• _SOURCE MATERIAL_:
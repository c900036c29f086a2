-- ===== src/Consumer/Machine/Statements.antt =====
-- The statements that write `orders` or the event ledger, against the abstract machine.
use observability_lab.Prelude.{
  ℕ, String, Option, none, some, Bool, true, false, Bool-cases, Option-cases, inl, inr, ◌≡◌, refl,
  ◌∙◌, sym, ◌⊎◌, ap, List, any, find, update_where, ◌&&◌, if◌then◌else◌, eqb,
}
use mathlib.Core.Path.{fun_ext}
use observability_lab.Server.{Server, same}
use observability_lab.Result.{ok}
use observability_lab.Tables.{
  Database, Order, ProcessedWebhookEvent, order_status_check, is_terminal,
}
use observability_lab.Session.Rules.{Pred, Does}
use observability_lab.Sql.Events.{is_claimed, matches, insert_event, update_processed}
use observability_lab.Sql.Parties.{is_client, is_address}
use observability_lab.Sql.Orders.{
  is_order, set_status, insert_history, insert_order_row, update_found, update_orders,
}
use observability_lab.Sql.Keys.{
  same_sym, same_left, find_sound, find_never, find-none, find-same, any_found, find-update_where,
  any-update_where,
}
use observability_lab.Consumer.Machine.{
  Statuses, Command, creation, changing, set_status_of, Performs, mark, status_in, statuses_in,
  seen_in,
}

module _ ⦃s : Server⦄ where
  -- Two external ids that the database does not tell apart name one order.
  other_order :
      (x y : String) (r : Order)
      → same y r.external_order_id ≡ true
      → same y x ≡ false
      → same x r.external_order_id ≡ false
  other_order x y r h e =
      same_sym x r.external_order_id ∙ sym (same_left y r.external_order_id x h) ∙ e

  -- The update of the rows of one order changes its status in the view.
  statuses-update :
      (x t : String) (now : ℕ) (os : List Order) (o : Order)
      → find (λ r. same x r.external_order_id) os ≡ some o
      → statuses_in (update_where (λ r. same x r.external_order_id) (set_status t now) os)
        ≡ set_status_of x t (statuses_in os)
  statuses-update x t now os o f = fun_ext λ y.
      ap status_in (
        find-update_where (λ r. same y r.external_order_id) (λ r. same x r.external_order_id)
          (set_status t now) os (λ r. refl))
      ∙ seen_by y (Bool-cases (same y x)) (Option-cases (find (λ r. same y r.external_order_id) os))
    where
      seen_by :
          (y : String)
          → (same y x ≡ true) ⊎ (same y x ≡ false)
          → (find (λ r. same y r.external_order_id) os ≡ none)
            ⊎ ((r : Order) × (find (λ r. same y r.external_order_id) os ≡ some r))
          → status_in (elim (find (λ r. same y r.external_order_id) os) [
            | none ↦ none
            | some r ↦ some (if same x r.external_order_id then set_status t now r else r)
          ])
            ≡ set_status_of x t (statuses_in os) y
      seen_by y (inl e) _ = rw (
        e,
        find-same (λ (r : Order). r.external_order_id) os y x e,
        f,
        find_sound (λ r. same x r.external_order_id) os o f,
      )
      seen_by y (inr e) (inl g) = rw (e, g)
      seen_by y (inr e) (inr (r, g)) =
          rw (e, g, other_order x y r (find_sound (λ r. same y r.external_order_id) os r g) e)

  abbrev pub Shows : Statuses → (String → Bool) → Pred
  Shows a n db = (statuses_in db.orders ≡ a) × (seen_in db.processed_webhook_events ≡ n)

  abbrev pub Performed : Command → Statuses → (String → Bool) → Pred
  Performed c a n db =
      Performs c a (statuses_in db.orders) × (seen_in db.processed_webhook_events ≡ n)

  -- The claim of an event that has an id.
  pub claim-shows :
      (a : Statuses) (n : String → Bool) (i : String) (t : Option String) (now id : ℕ)
      (db : Database)
      → Shows a n db
      → Does (λ _ db'. (n i ≡ false) × Shows a (mark i n) db') (insert_event (some i) t now id db)
  unfolding insert_event
  claim-shows a n i none now id db h = tt
  claim-shows a n i (some t) now id db (h, k) = elim (Bool-cases (is_claimed i db)) [
    | inl e ↦ rw e tt
    | inr e ↦ rw e (ap (λ (f : String → Bool). f i) (sym k) ∙ e, (h, ap (mark i) k))
  ]

  pub mark-performs :
      (K : Type 0) (c : Command) (a : Statuses) (n : String → Bool) (i : Option String) (now id : ℕ)
      (db : Database)
      → K × Performed c a n db
      → Does (λ _ db'. K × Performed c a n db') (update_processed i now id db)
  unfolding update_processed
  mark-performs K c a n i now id db (g, (h, k)) = (
    g,
    (
      h,
      fun_ext (λ y.
            any-update_where (λ (r : ProcessedWebhookEvent). same y r.event_id)
              (λ r. matches i r.event_id) (λ r. record r { processed_at = some now })
              db.processed_webhook_events (λ r. refl))
          ∙ k,
    ),
  )

  pub history-performs :
      (c : Command) (a : Statuses) (n : String → Bool) (o : ℕ) (v t e : Option String) (now id : ℕ)
      (db : Database)
      → Performed c a n db
      → Does (λ _. Performed c a n) (insert_history o v t e now id db)
  unfolding insert_history
  history-performs c a n o v none e now id db h = tt
  history-performs c a n o v (some t) e now id db h = elim (Bool-cases (is_order o db)) [
    | inr e ↦ rw e tt
    | inl known ↦
        rw known (elim (Bool-cases (any (λ r. eqb id r.history_id) db.order_status_history)) [
          | inl e ↦ rw e tt
          | inr e ↦ rw e h
        ])
  ]

  created :
      (x : String) (o : Order) (os : List Order) (a : Statuses)
      → statuses_in os ≡ a
      → (y : String)
      → status_in (if same y x then some o else find (λ r. same y r.external_order_id) os)
        ≡ (if same y x then some o.status else a y)
  created x o os a h y = elim (Bool-cases (same y x)) [
    | inl e ↦ rw e refl
    | inr e ↦ rw e (ap (λ (f : Statuses). f y) h)
  ]

  still_open :
      (x : String) (o : Order) (os : List Order)
      → find (λ r. same x r.external_order_id) os ≡ some o
      → any (λ r. same x r.external_order_id && is_terminal r.status) os ≡ false
      → is_terminal o.status ≡ false
  still_open x o os f e = elim (Bool-cases (is_terminal o.status)) [
    | inr h ↦ h
    | inl closed ↦
        let found : any (λ r. same x r.external_order_id && is_terminal r.status) os ≡ true =
          any_found (λ r. same x r.external_order_id)
            (λ r. same x r.external_order_id && is_terminal r.status) os o f
            (rw (find_sound (λ r. same x r.external_order_id) os o f) closed) in
        cc
  ]

  -- A new order has an external id that no order had.
  pub order-performs :
      (a : Statuses) (n : String → Bool) (x : Option String) (c d : ℕ) (t : Option ℕ)
      (u : Option String) (date now id : ℕ) (db : Database)
      → Shows a n db
      → Does (λ _. Performed (creation (ok x)) a n) (insert_order_row x c d t u date now id db)
  unfolding insert_order_row
  order-performs a n none c d t u date now id db h = tt
  order-performs a n (some x) c d none u date now id db h = tt
  order-performs a n (some x) c d (some t) none date now id db h = tt
  order-performs a n (some x) c d (some t) (some u) date now id db (h, k) =
      elim (Bool-cases (is_client c db)) [
        | inr e ↦ rw e tt
        | inl client ↦ rw client (elim (Bool-cases (is_address d db)) [
          | inr e ↦ rw e tt
          | inl address ↦ rw address (elim (Bool-cases (is_order id db)) [
            | inl e ↦ rw e tt
            | inr fresh ↦
                rw fresh (elim (Bool-cases (any (λ o. same x o.external_order_id) db.orders)) [
                  | inl e ↦ rw e tt
                  | inr e ↦ rw e (
                    (
                      ap (λ (f : Statuses). f x) (sym h) ∙ ap status_in (find-none _ db.orders e),
                      fun_ext (created x _ db.orders a h),
                    ),
                    k,
                  )
                ])
          ])
        ])
      ]

  found-performs :
      (a : Statuses) (n : String → Bool) (x : String) (t : Option String) (o : Order) (now id : ℕ)
      (db : Database)
      → find (λ r. same x r.external_order_id) db.orders ≡ some o
      → Shows a n db
      → Does
          (λ _. Performed (changing (ok (some x)) (ok t)) a n)
          (update_found (some x) t o now id db)
  found-performs a n x none o now id db f h = tt
  found-performs a n x (some t) o now id db f (h, k) = elim (Bool-cases (order_status_check t)) [
    | inr e ↦ rw e tt
    | inl checked ↦
        rw checked
          (elim (Bool-cases
            (any (λ r. same x r.external_order_id && is_terminal r.status) db.orders)) [
              | inl e ↦ rw e tt
              | inr e ↦ rw e (
                inr (
                  o.status,
                  ap (λ (f : Statuses). f x) (sym h) ∙ ap status_in f,
                  still_open x o db.orders f e,
                  checked,
                  statuses-update x t now db.orders o f ∙ ap (set_status_of x t) h,
                ),
                k,
              )
            ])
  ]

  pub status-performs :
      (a : Statuses) (n : String → Bool) (x t : Option String) (now id : ℕ) (db : Database)
      → Shows a n db
      → Does (λ _. Performed (changing (ok x) (ok t)) a n) (update_orders x t now id db)
  unfolding update_orders
  status-performs a n none t now id db h = rw (find_never db.orders, update_orders) h
  status-performs a n (some x) none now id db h =
      elim (Option-cases (find (λ r. same x r.external_order_id) db.orders)) [
        | inl e ↦ rw (e, update_orders) h
        | inr (o, e) ↦ rw (e, update_orders) tt
      ]
  status-performs a n (some x) (some t) now id db (h, k) =
      elim (Option-cases (find (λ r. same x r.external_order_id) db.orders)) [
        | inl e ↦
            rw (e, update_orders) (inl (ap (λ (f : Statuses). f x) (sym h) ∙ ap status_in e, h), k)
        | inr (o, e) ↦ rw (e, update_orders) (found-performs a n x (some t) o now id db e (h, k))
      ]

• _TASK ITEM_: Across the entries, how many lines hold the word "Server"? Say only the number.

• _TASK ANSWER_: 2